Reduction of Atherosclerosis
The combination effects on lipids, LCAT, antioxidation, anti inflammation, inhibition of endocytosis, immune cell activation, reduced platelet aggregation and enhanced RBS deformability reduce atherosclerotic plaque deposits. In total 22 studies in 7 animal models were done and they showed prevention of atherosclerosis if given together with a high cholesterol diet and BSA injections or a regression of atherosclerotic changes if treated after atherosclerosis has developed. 63-67 BSA injections are Bovine Serum Albumin. It is an known method of inducing atherosclerosis in animals given a high cholesterol diet.
Semilunar valves, ascending & descending branches and aortic arch of a rat. (44). Above after 2 months on a cholesterol diet. Below after the same diet for 2 months but given PC after two months for two months.
Atherosclerosis was induced in animals with a 3 month atherogenic diet. The placebo group (pink line) developed atherosclerosis. The group given i.v. PC treatments showed marked regression of atherosclerosis (green line).
A number of studies were done with EKG diagnostics. Depending on the PC dosage and the duration of treatment, an improvement of EKG findings could be achieved in many cases. Among them they found a dose-related disappearance of S-T depressions and reversal of previously negative T-waves to positive. These favourable changes went along with symptomatic relief of sternocardiac symptoms. Exercise tolerance as tested on the bicycle ergometer improved. The phase until S-T depression occurred became longer, with the depressions themselves being less distinct.
Treatment of angina attacks
Other studies looked at the frequency of angina pectoris attacks and Nitroglycerine consumption. The investigations of Almazov et al. included 34 male patients suffering from ischaemic heart disease and angina pectoris of stages III-IV.

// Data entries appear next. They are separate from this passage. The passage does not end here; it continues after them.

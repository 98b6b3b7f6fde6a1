-- ===== src/Cpip/Verdict.antt =====
-- Which requests `ITFDefense.check_request` of backend/cpip_provider.py refuses.
use minima_pi_net_os.Prelude.{
  text_eq, ℕ, ◌+◌, ◌≡◌, refl, ap, String, Str, Bool, true, false, ◌&&◌, ◌||◌, Option, none, some,
  inl, inr, arith, leb, Option-cases, if◌then◌else◌,
}
use minima_pi_net_os.Dict.{get}
use minima_pi_net_os.Cpip.Defense.{
  Settings, Defense, Request, Block, scored, is_given, has_additions, is_loopback,
  hits_scanner_path, detect_tools, probe_check, is_probe, is_blacklisted, judged, check_request,
}

score_verdict :
    (scanner brew tool : Bool)
    → leb 2 (scored scanner 3 + (scored brew 1 + scored tool 2)) ≡ (scanner || tool)
score_verdict true true true = refl
score_verdict true true false = refl
score_verdict true false true = refl
score_verdict true false false = refl
score_verdict false true true = refl
score_verdict false true false = refl
score_verdict false false true = refl
score_verdict false false false = refl

-- The tools or the path of a request make it a probe.
abbrev pub looks_hostile : Str → Str → Bool
looks_hostile path user_agent = hits_scanner_path path || is_given (detect_tools user_agent)

pub probe_check-hostile :
    (s : Settings) (path method user_agent : Str) (additions : Bool)
    → probe_check s path method user_agent additions ≡ (s.enabled && looks_hostile path user_agent)
unfolding probe_check
probe_check-hostile s path method user_agent additions =
    ap (λ b. s.enabled && b) (score_verdict _ _ _)

-- The block on an address holds at `now`.
abbrev pub holds : ℕ → Option Block → Bool
holds now none = false
holds now (some b) = leb now b.expires

abbrev pub is_blocked : ℕ → String → Defense → Bool
is_blocked now addr d = if is_loopback addr then false else holds now (get addr d.blacklist)

pub is_blacklisted-blocked :
    (now : ℕ) (addr : String) (d : Defense) → (is_blacklisted now addr d).0 ≡ is_blocked now addr d
unfolding is_blacklisted
is_blacklisted-blocked now addr d = elim (Option-cases (get addr d.blacklist)) [
  | inl gone ↦ rw gone (ground arith)
  | inr (b, at) ↦ rw at (ground arith)
]

judged-verdict :
    (s : Settings) (now : ℕ) (addr : String) (r : Request) (found : Bool × Defense)
    → (judged s now addr r found).0 ≡ (found.0 || is_probe s r)
judged-verdict s now addr r (true, d) = refl
judged-verdict s now addr r (false, d) = ground arith

-- Where the defence is on, a request is refused exactly if the block on its address has not ended,
-- its path has a scanner's path in it, or its user agent names a penetration tool: the method BREW
-- and the header Accept-Additions, which are scored too, never change the answer. Where the defence
-- is off, no request is refused.
pub check_request-verdict :
    (s : Settings) (now : ℕ) (addr : String) (r : Request) (d : Defense)
    → (check_request s now addr r d).0
      ≡ (s.enabled && (is_blocked now addr d || looks_hostile r.path r.user_agent))
unfolding check_request
check_request-verdict s now addr r d = ground (
  arith,
  judged-verdict s now addr r (is_blacklisted now addr d),
  is_blacklisted-blocked now addr d,
  probe_check-hostile s r.path r.method r.user_agent (has_additions r.accept_additions),
)
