-- ===== src/Cpip/Held.antt =====
-- A block of `ITFDefense` of backend/cpip_provider.py holds until its end.
use minima_pi_net_os.Prelude.{
  text_eq, ℕ, ◌+◌, ◌≤◌, ◌<◌, ◌≡◌, refl, ap, ap₂, ◌∙◌, String, Bool, true, false, ◌&&◌, ◌||◌, Option,
  none, some, length, arith, min, le→leb, if-both, if-true,
}
use minima_pi_net_os.Dict.{get, put, get-put_self, length-put, length-remove-le}
use minima_pi_net_os.Cpip.Defense.{
  Settings, Defense, Request, Block, bounded, block_of, ttl_of, counts_of, is_loopback, is_probe,
  has_additions, is_blacklisted, entry_state, judged, check_request, blacklist_addr,
}
use minima_pi_net_os.Cpip.Verdict.{
  is_blocked, looks_hostile, is_blacklisted-blocked, probe_check-hostile, check_request-verdict,
}

entry_state-fewer :
    (now : ℕ) (addr : String) (found : Option Block) (d : Defense)
    → length (entry_state now addr found d).1.blacklist ≤ length d.blacklist
entry_state-fewer now addr none d = omega arith
entry_state-fewer now addr (some b) d = ground (arith, length-remove-le addr d.blacklist)

is_blacklisted-fewer :
    (now : ℕ) (addr : String) (d : Defense)
    → length (is_blacklisted now addr d).1.blacklist ≤ length d.blacklist
unfolding is_blacklisted
is_blacklisted-fewer now addr d =
    if-both (λ (r : Bool × Defense). length r.1.blacklist ≤ length d.blacklist) (is_loopback addr)
      (omega arith) (entry_state-fewer now addr (get addr d.blacklist) d)

module _ (s : Settings) (now : ℕ) (addr : String) where
  bounded_room : (d : _) → length d ≤ s.max_blacklist → bounded s d ≡ d
  bounded_room d h = ground arith

  blacklist_addr-get :
      (d : Defense)
      → is_loopback addr ≡ false
      → length d.blacklist < s.max_blacklist
      → get addr (blacklist_addr s now addr d).blacklist
        ≡ some (block_of s now (ttl_of s (counts_of s now addr d)))
  unfolding blacklist_addr
  blacklist_addr-get d other room =
      let block = block_of s now (ttl_of s (counts_of s now addr d)) in
      rw other (
        ap (get addr) (
          bounded_room (put addr block d.blacklist)
            (ground (arith, length-put addr block d.blacklist)))
        ∙ get-put_self addr block d.blacklist)

  judged_probe :
      (r : Request) (found : Bool × Defense)
      → found.0 ≡ false
      → is_probe s r ≡ true
      → judged s now addr r found ≡ (true, blacklist_addr s now addr found.1)
  judged_probe r (true, d) blocked probe = absurd (cc)
  judged_probe r (false, d) blocked probe = rw probe

  check_request-blocks :
      (r : Request) (d : Defense)
      → s.enabled ≡ true
      → is_blocked now addr d ≡ false
      → looks_hostile r.path r.user_agent ≡ true
      → check_request s now addr r d
        ≡ (true, blacklist_addr s now addr (is_blacklisted now addr d).1)
  unfolding check_request
  check_request-blocks r d on free hostile =
      let probe : is_probe s r ≡ true =
        probe_check-hostile s r.path r.method r.user_agent (has_additions r.accept_additions)
        ∙ ap₂ (λ a b. a && b) on hostile in
      if-true s.enabled _ _ on
      ∙ judged_probe r (is_blacklisted now addr d) (is_blacklisted-blocked now addr d ∙ free) probe

  blocked_until :
      (d : Defense) (later ttl : ℕ)
      → is_loopback addr ≡ false
      → get addr d.blacklist ≡ some (block_of s now ttl)
      → later ≤ now + ttl
      → is_blocked later addr d ≡ true
  blocked_until d later ttl other at le = rw (other, at) (le→leb later (now + ttl) le)

  -- A request that looks hostile, from an address that is neither blocked nor of the loopback, while
  -- there is room for a block: it is refused, and afterwards every request from that address is
  -- refused for as long as the setting says, a day at most.
  pub check_request-holds :
      (r : Request) (d : Defense)
      → s.enabled ≡ true
      → is_loopback addr ≡ false
      → is_blocked now addr d ≡ false
      → looks_hostile r.path r.user_agent ≡ true
      → length d.blacklist < s.max_blacklist
      → let (refused, after) = check_request s now addr r d in
        (refused ≡ true)
        × ((later : ℕ) (r' : Request)
            → later ≤ now + min s.blacklist_ttl s.day
            → (check_request s later addr r' after).0 ≡ true)
  check_request-holds r d on other free hostile room =
      let found = (is_blacklisted now addr d).1 in
      let ttl = ttl_of s (counts_of s now addr found) in
      let long : min s.blacklist_ttl s.day ≤ ttl = ground arith in
      let at = blacklist_addr-get found other (omega (arith, is_blacklisted-fewer now addr d)) in
      rw (check_request-blocks r d on free hostile) (
        refl,
        λ later r' le.
            check_request-verdict s later addr r' (blacklist_addr s now addr found)
            ∙ ap₂ (λ a b. a && (b || looks_hostile r'.path r'.user_agent)) on
                (blocked_until (blacklist_addr s now addr found) later ttl other at (omega arith)),
      )
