-- ===== src/Hsts/Headers.antt =====
-- The headers of a response after backend/middleware/hsts.py.
use minima_pi_net_os.Prelude.{
  str_eq, str_beq, nat_eq, ◌≡◌, refl, ap, ◌∙◌, Str, Bool, true, false, Option, none, some, [], ◌∷◌,
  beq_iff, ◌==◌, Bool-cases, Option-cases, subst, inl, inr, if◌then◌else◌,
}
use minima_pi_net_os.Dict.{get, put, has, get-put}
use minima_pi_net_os.Dict.Distinct.{IsDistinct}
use minima_pi_net_os.Hsts.{
  HstsMiddleware, Request, HeaderDict, is_secure, build_hsts_value, always, sts, put_all, dispatch,
}

abbrev pub or_else : Option Str → Option Str → Option Str
or_else none other = other
or_else (some v) other = some v

get_absent : (k : Str) (d : HeaderDict) → has k d ≡ false → get k d ≡ none
unfolding has
get_absent k d h = elim (Option-cases (get k d)) [
  | inl gone ↦ gone
  | inr (v, at) ↦ absurd (let clash : true ≡ false = rw at at h in cc)
]

-- Names that are set once: each has the value it was given, and every other name is as before.
pub get-put_all :
    (j : Str) (new headers : HeaderDict)
    → IsDistinct new
    → get j (put_all new headers) ≡ or_else (get j new) (get j headers)
unfolding put_all get
get-put_all j [] headers h = refl
get-put_all j ((name, value) ∷ more) headers h = elim (Bool-cases (name == j)) [
  | inl same ↦
      let absent : get j more ≡ none =
        subst (λ k. get k more ≡ none) ((beq_iff name j).0 same) (get_absent name more h.0) in
      rw (same, get-put_all j more (put name value headers) h.1, absent, get-put, same) refl
  | inr other ↦ rw (other, get-put_all j more (put name value headers) h.1, get-put, other) refl
]

always-IsDistinct : IsDistinct always
unfolding has get str_beq
always-IsDistinct =
    (refl, (refl, (refl, (refl, (refl, (refl, (refl, (refl, (refl, (refl, tt))))))))))

-- Whatever the application answers, a header of the response is: the one value that the middleware
-- has for it, where it is one of the ten security headers; for HSTS the configured value where the
-- request came over HTTPS or a proxy says so; and the application's own in every other case.
pub dispatch-headers :
    (m : HstsMiddleware) (request : Request) (response : HeaderDict) (name : Str)
    → get name (dispatch m request response)
      ≡ or_else (get name always) (
          if is_secure request
          then if sts == name then some (build_hsts_value m) else get name response
          else get name response)
unfolding dispatch
dispatch-headers m request response name =
    get-put_all name always
      (if is_secure request then put sts (build_hsts_value m) response else response)
      always-IsDistinct
    ∙ ap (or_else (get name always)) (secured (is_secure request))
  where
    secured :
        (secure : Bool)
        → get name (if secure then put sts (build_hsts_value m) response else response) ≡ (
            if secure
            then if sts == name then some (build_hsts_value m) else get name response
            else get name response)
    secured true = get-put sts name (build_hsts_value m) response
    secured false = refl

They received 500 mg/d of intravenous PC for a period of 14 days. 20 of the 34 patients reported an absence of anginal attacks already at the end of the first and beginning of the second week of treatment. The other 14 patients experienced a reduction of attacks from 8 to 10 per day to 1 to 3 attacks per day, with the severity decreasing as well. Daily nitro-consumption therefore, could be reduced to 2 to 5 doses from the initial 8-10 doses. It’s important though to realize that the fast decline of symptoms has to do with the improved flow capability of the RBCs and the reduced aggregation of platelets.